Andrea Ottaviano, CEO of growth capital investor Clessidra Private Equity, notes that these entrepreneurs “are looking at their company in a totally different way compared to the previous generation”, adding: “They feel the need to evolve how they are doing business. They feel the need to change, to grow, to do things in a different way. However, they often don’t know how to make these changes on their own.”
These businesses can take a step forward while their entrepreneurs maintain a desired level of equity exposure. “The reason for sitting with us has changed,” Ottaviano continues. “Today, they expect not only money from us, which worked about 15 years ago, but they also look for solutions, ideas and projects. If a GP comes with this blend, they get the deal.”
Come prepared
Looking at 2025, interviewees’ musings have varied between expecting the selective markets of 2024 to continue, and more bullish sentiments as normalisation comes from lower interest rates. But given the number of coalescing issues impacting private markets, many are hesitant to forecast dealmaking in 2025.
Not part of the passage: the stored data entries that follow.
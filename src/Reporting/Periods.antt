-- ===== src/Reporting/Periods.antt =====
-- Periods, and what a reporter does when it is stopped.
use ccmetrics.Base.{ℕ, ◌+◌, ◌*◌, ◌<◌, ◌≡◌, refl, ap, ◌∙◌, true, List, [], ◌∷◌, none, some, arith}
use ccmetrics.Reporting.{
  time_val, PeriodicReporterImpl, start, stop, Event, start_event, stop_event, expired_event,
  expire_held, step, and_then, run,
}

-- The microseconds of the timeout are a valid `tv_usec`, and the timeout is as long as the period.
pub time_val_lem :
    (ms : ℕ)
    → ((time_val ms).tv_usec < 1000000)
      × ((time_val ms).tv_sec * 1000000 + (time_val ms).tv_usec ≡ ms * 1000)
time_val_lem ms = (omega arith, omega arith)

-- The sequence starts no reporter.
abbrev pub NoStart : List Event → Type 0
NoStart [] = Unit {0}
NoStart (start_event p ∷ events) = ⊥
NoStart (stop_event ∷ events) = NoStart events
NoStart (expired_event ∷ events) = NoStart events

run-quiet :
    (events : List Event) (p : PeriodicReporterImpl)
    → NoStart events
    → p.registered ≡ none
    → (p' : PeriodicReporterImpl) × (run events p ≡ some p') × (p'.reports ≡ p.reports)
unfolding step stop
run-quiet [] p quiet idle = (p, refl, refl)
run-quiet (start_event ms ∷ events) p quiet idle = absurd quiet
run-quiet (stop_event ∷ events) p quiet idle = run-quiet events (stop p) quiet refl
run-quiet (expired_event ∷ events) p quiet idle =
    let (p', e, same) = run-quiet events p quiet idle in
    (p', ap (λ r. and_then (expire_held r p) (run events)) idle ∙ e, same)

-- Behind `stop`, until the next `start`, nothing is reported, whatever the loop expires and however
-- often `stop` is called again, and no assertion fails; and the reporter can be started again.
pub run-stop :
    (events : List Event) (p : PeriodicReporterImpl) (period : ℕ)
    → NoStart events
    → (p' : PeriodicReporterImpl) × (run (stop_event ∷ events) p ≡ some p')
      × (p'.reports ≡ p.reports)
      × (start period (stop p)
          ≡ some (record p {
            running = true;
            tv = time_val period;
            registered = some (time_val period);
            joinable = true;
          }))
unfolding step stop start
run-stop events p period quiet =
    let (p', e, same) = run-quiet events (stop p) quiet refl in (p', e, same, refl)
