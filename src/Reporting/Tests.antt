-- ===== src/Reporting/Tests.antt =====
-- The theorems about the reporters at concrete inputs: the natural numbers stand for the doubles.
use ccmetrics.Base.{ℕ, ◌≡◌, refl, true, [], ◌∷◌, ◌++◌, some}
use ccmetrics.Reporting.{
  PeriodicReporterImpl, time_val, new_reporter, start, stop, run, expired_event, stop_event,
}
use ccmetrics.Reporting.Periods.{run-stop}
use ccmetrics.Reporting.Graphite.{
  Report, new_graphite, connected, create_stream, connect_stream, write_stream, report_lines,
}
use ccmetrics.Reporting.Connection.{
  idle, open_stream, report_due, accepted, dues, run_network, run_network-once,
}

run-stop_example :
    (p : PeriodicReporterImpl) × (run (stop_event ∷ expired_event ∷ stop_event ∷ []) new_reporter
      ≡ some p)
    × (p.reports ≡ 0)
    × (start 1000 (stop new_reporter)
        ≡ some (record new_reporter {
          running = true;
          tv = time_val 1000;
          registered = some (time_val 1000);
          joinable = true;
        }))
run-stop_example = run-stop (expired_event ∷ stop_event ∷ []) new_reporter 1000 tt

abbrev requests : ℕ → Report ℕ
requests n = record { counters = ("requests", n) ∷ []; timers = []; meters = []; timestamp = n }

run_network-once_example :
    run_network
      (report_due (requests 1) ∷ (dues (requests 2 ∷ []) ++ accepted (requests 3) ∷ []))
      (new_graphite, idle)
    ≡ some (
      record {
        state = connected;
        streaming = true;
        calls = write_stream (report_lines (requests 3)) ∷ connect_stream ∷ create_stream ∷ [];
      },
      open_stream,
    )
run_network-once_example =
    run_network-once (requests 1) (requests 2 ∷ []) (requests 3) new_graphite refl
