-- ===== src/SkipList.antt =====
-- src/concurrent_skip_list_map.h: the nodes of a ConcurrentSkipListMap at addresses, and the single
-- accesses that its operations are made of. The children hold the operations, each run alone.
pub mod Search
pub mod Update
pub mod Traverse
pub mod Walks
pub mod Shape
pub mod Paths
pub mod Found
pub mod Linked
pub mod Grown
pub mod Inserted
pub mod Unlinked
pub mod Shrunk
pub mod Erased
pub mod Traversed
pub mod Freed
pub mod Cut
pub mod Looked
pub mod Refines
pub mod Keys
pub mod Withdrawn
pub mod Stale
pub mod Interrupted
pub mod Stuck
pub mod Sequence
mod Tests
use ccmetrics.Base.{
  ℕ, zero, suc, ◌+◌, ◌-◌, ◌%◌, Bool, true, false, not, ◌&&◌, List, [], ◌∷◌, ◌==◌, ltb,
  if◌then◌else◌, update,
}

-- A `Node*` and its lowest bit; the address 0 is nullptr.
pub record Link : Type 0 where
  pub to : ℕ
  pub bit : Bool

abbrev pub link : ℕ → Link
link a = record { to = a; bit = false }

abbrev pub null : Link
null = link 0

-- `mark`, `clear`, and `mark(nullptr)`.
abbrev pub mark : Link → Link
mark l = record l { bit = true }

abbrev pub clear : Link → Link
clear l = record l { bit = false }

abbrev pub marked_null : Link
marked_null = mark null

-- `marked0`, `markedi` and `marked`.
abbrev pub marked_0 : Link → Bool
marked_0 l = l.bit

abbrev pub marked_i : Link → Bool
marked_i l = l.bit && not (l.to == 0)

abbrev pub marked : Link → ℕ → Bool
marked l zero = marked_0 l
marked l (suc i) = marked_i l

-- Equality of two pointers, bit included.
abbrev pub same_bit : Bool → Bool → Bool
same_bit true b = b
same_bit false b = not b

abbrev pub same_link : Link → Link → Bool
same_link l m = (l.to == m.to) && same_bit l.bit m.bit

-- `kMaxHeight`.
abbrev pub max_height : ℕ
max_height = 12

-- The map and the nodes. `node_height` is 0 at an address that holds no node; `next a i` is
-- `next_[i]` of the node at `a`. `hazard` is the calling thread's hazard pointer record, `retired`
-- the nodes given to `retireNode` and `freed` those given to `freeNode`, the latest first.
pub record SkipList (K V : Type 0) : Type 0 where
  pub head : ℕ
  pub height : ℕ
  pub key : ℕ → K
  pub val : ℕ → V
  pub node_height : ℕ → ℕ
  pub link_count : ℕ → ℕ
  pub next : ℕ → ℕ → Link
  pub hazard : ℕ → Link
  pub next_address : ℕ
  pub retired : List ℕ
  pub freed : List ℕ

-- `fault` is the use of an address that holds no node, of a level that the node does not have, or a
-- failed assertion.
pub data Run (K V A : Type 0) : Type 0 where
  ok : A → SkipList K V → Run K V A
  fault : Run K V A
  out_of_fuel : Run K V A

abbrev pub Cmd : (K V A : Type 0) → Type 0
Cmd K V A = SkipList K V → Run K V A

module _ {K V : Type 0} where
  abbrev pub pure : {A : Type 0} → A → Cmd K V A
  pure a s = ok a s

  abbrev pub and_then : {A B : Type 0} → Run K V A → (A → Cmd K V B) → Run K V B
  and_then (ok a s) f = f a s
  and_then fault f = fault
  and_then out_of_fuel f = out_of_fuel

  infixl 5 ◌>>=◌ ◌>>◌
  abbrev pub ◌>>=◌ : {A B : Type 0} → Cmd K V A → (A → Cmd K V B) → Cmd K V B
  m >>= f = λ s. and_then (m s) f

  abbrev pub ◌>>◌ : {A B : Type 0} → Cmd K V A → Cmd K V B → Cmd K V B
  m >> n = m >>= λ _. n

  abbrev pub current : Cmd K V (SkipList K V)
  current s = ok s s

  abbrev pub put : SkipList K V → Cmd K V (Unit {0})
  put s _ = ok tt s

  abbrev pub crash : {A : Type 0} → Cmd K V A
  crash s = fault

  abbrev pub spin : {A : Type 0} → Cmd K V A
  spin s = out_of_fuel

  -- Whether there is a node at `a` that has the level `i`.
  abbrev pub has_level : SkipList K V → ℕ → ℕ → Bool
  has_level s a i = not (a == 0) && ltb i (s.node_height a)

  -- `a->next_[i]`, read and written.
  unfoldable pub load : ℕ → ℕ → Cmd K V Link
  load a i s = if has_level s a i then ok (s.next a i) s else fault

  unfoldable pub store : ℕ → ℕ → Link → Cmd K V (Unit {0})
  store a i l s =
      if has_level s a i
      then ok tt (record s { next = update s.next a (update (s.next a) i l) })
      else fault

  -- `a->next_[i].compare_exchange_strong(expected, desired)`.
  unfoldable pub exchange : ℕ → ℕ → (expected desired : Link) → Cmd K V Bool
  unfolding load store
  exchange a i expected desired = do
    l ← load a i
    if same_link l expected then (do store a i desired; pure true) else pure false

  -- `a->key` and `a->value`.
  unfoldable pub load_key : ℕ → Cmd K V K
  load_key a s = if has_level s a 0 then ok (s.key a) s else fault

  unfoldable pub load_value : ℕ → Cmd K V V
  load_value a s = if has_level s a 0 then ok (s.val a) s else fault

  -- `setHazard` and `clearHazard`. (`loadAndSetHazard` reads one value when it runs alone.)
  abbrev pub set_hazard : ℕ → Link → Cmd K V (Unit {0})
  set_hazard k l s = ok tt (record s { hazard = update s.hazard k l })

  abbrev pub clear_hazard : ℕ → Cmd K V (Unit {0})
  clear_hazard k = set_hazard k null

  abbrev pub clear_hazards : Cmd K V (Unit {0})
  clear_hazards = clear_hazard 0 >> clear_hazard 1 >> clear_hazard 2

  -- `Node::dead`.
  unfoldable pub is_dead : ℕ → Cmd K V Bool
  unfolding load
  is_dead a = do l ← load a 0; pure (marked_0 l)

  -- `retireNode`.
  abbrev pub retire : ℕ → Cmd K V (Unit {0})
  retire a s = ok tt (record s { retired = a ∷ s.retired })

  -- `a->link_count -= n`, on uint8_t, and the count that it leaves.
  abbrev pub drop_links : ℕ → ℕ → Cmd K V ℕ
  drop_links a n s =
      let left = (s.link_count a + 256 - n) % 256 in
      ok left (record s { link_count = update s.link_count a left })

  -- `mkNode`, with `n->link_count = links` as its callers set it.
  abbrev pub make_node : (height : ℕ) → K → V → (links : ℕ) → Cmd K V ℕ
  make_node height k v links s =
      let a = s.next_address in
      ok a (record s {
        key = update s.key a k;
        val = update s.val a v;
        node_height = update s.node_height a height;
        link_count = update s.link_count a links;
        next = update s.next a (λ i. if i == 0 then null else marked_null);
        next_address = a + 1;
      })

  -- `freeNode`, a fault where there is no node.
  unfoldable pub free_node : ℕ → Cmd K V (Unit {0})
  free_node a s =
      if has_level s a 0
      then ok tt (record s { node_height = update s.node_height a 0; freed = a ∷ s.freed })
      else fault
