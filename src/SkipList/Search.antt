-- ===== src/SkipList/Search.antt =====
-- `ConcurrentSkipListMap::find`, the search that also unlinks dead nodes.
use ccmetrics.Base.{ℕ, zero, suc, Bool, false, not, ◌&&◌, ◌||◌, ◌==◌, if◌then◌else◌}
use ccmetrics.SkipList.{
  Link, link, null, clear, marked, same_link, Cmd, pure, ◌>>=◌, ◌>>◌, current, crash, spin, load,
  exchange, load_key, set_hazard, clear_hazard, is_dead, retire, drop_links,
}

-- Where the walk along one level ends: at `try_again`, or with `prev`, `cur` and `next`.
pub data Walk : Type 0 where
  restart : Walk
  arrived : (prev : ℕ) → (cur next : Link) → Walk

pub record FindResult : Type 0 where
  pub prev : ℕ
  pub cur : Link
  pub next : Link
  pub match : Bool

module _ {K V : Type 0} where
  -- `if (--cur->link_count == 0)`: the last unlinking of a node retires it.
  unfoldable pub release : ℕ → Cmd K V (Unit {0})
  release a = do left ← drop_links a 1; if left == 0 then clear_hazard 1 >> retire a else pure tt

  -- A dead node is unlinked at level `i`.
  unfoldable pub unlink : ℕ → ℕ → (cur next : Link) → Cmd K V Walk
  unfolding load exchange release
  unlink i prev cur next = do
    after ← load cur.to i
    unlinked ← exchange prev i cur (clear after)
    if unlinked then release cur.to >> pure (arrived prev null next) else pure restart

module _ {K V : Type 0} (lt : K → K → Bool) where
  -- The loop along level `i`.
  unfoldable pub walk : ℕ → K → ℕ → ℕ → (cur next : Link) → Cmd K V Walk
  unfolding load load_key is_dead unlink
  walk zero key i prev cur next = spin
  walk (suc fuel) key i prev cur next = if cur.to == 0 then pure (arrived prev cur next) else do
    next' ← load cur.to i
    set_hazard 0 next'
    back ← load prev i
    if not (same_link back cur) then pure restart else do
      dead ← is_dead cur.to
      if marked next' i || dead then unlink i prev cur next' else do
        k ← load_key cur.to
        if not (lt k key) then pure (arrived prev cur next') else do
          set_hazard 2 cur
          if next'.bit then crash else do set_hazard 1 next'; walk fuel key i cur.to next' next'

  -- The levels from `i` down to 0.
  unfoldable pub descend : ℕ → K → ℕ → ℕ → Link → Cmd K V Walk
  unfolding load walk
  descend fuel key zero prev next = do
    cur ← load prev 0
    set_hazard 1 cur
    if marked cur 0 then pure restart else walk fuel key 0 prev cur next
  descend fuel key (suc i) prev next = do
    cur ← load prev (suc i)
    set_hazard 1 cur
    if marked cur (suc i) then pure restart else do
      w ← walk fuel key (suc i) prev cur next
      elim w [ restart ↦ pure restart | arrived p c n ↦ descend fuel key i p n ]

  -- `FindResult{prev, cur, next, cur ? cur->key == key : false}`.
  unfoldable pub found : K → ℕ → (cur next : Link) → Cmd K V FindResult
  unfolding load_key
  found key p c n =
      if c.to == 0 then pure (record { prev = p; cur = c; next = n; match = false }) else do
        k ← load_key c.to
        pure (record { prev = p; cur = c; next = n; match = not (lt k key) && not (lt key k) })

  -- `find(key)`. The fuel bounds the restarts and the nodes of a level.
  unfoldable pub find_node : ℕ → K → Cmd K V FindResult
  unfolding descend found
  find_node zero key = spin
  find_node (suc fuel) key = do
    s ← current
    set_hazard 2 (link s.head)
    w ← descend (suc fuel) key s.height s.head null
    elim w [ restart ↦ find_node fuel key | arrived p c n ↦ found key p c n ]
US President Donald Trump’s tariff regime has certainly created further uncertainty for dealmakers. “In a worldwide trade war, everybody’s going to suffer. And Italy is a big exporter, so there will be repercussions in our economy,” says Wise Equity’s Semenzato. “When there is this level of uncertainty, market players reduce their investment levels, affecting both exits and new investments. The assets that will be the winners, in terms of being traded, are those that are the least cyclical at this point in time.”
The extent to which that affects those newer GP entrants into the Italian market is to be determined. But if a GP is going to invest, commentators implore them to come prepared: have a local office presence with an Italian team, an understanding of the culture and senior executives with good reputations. Otherwise, addio!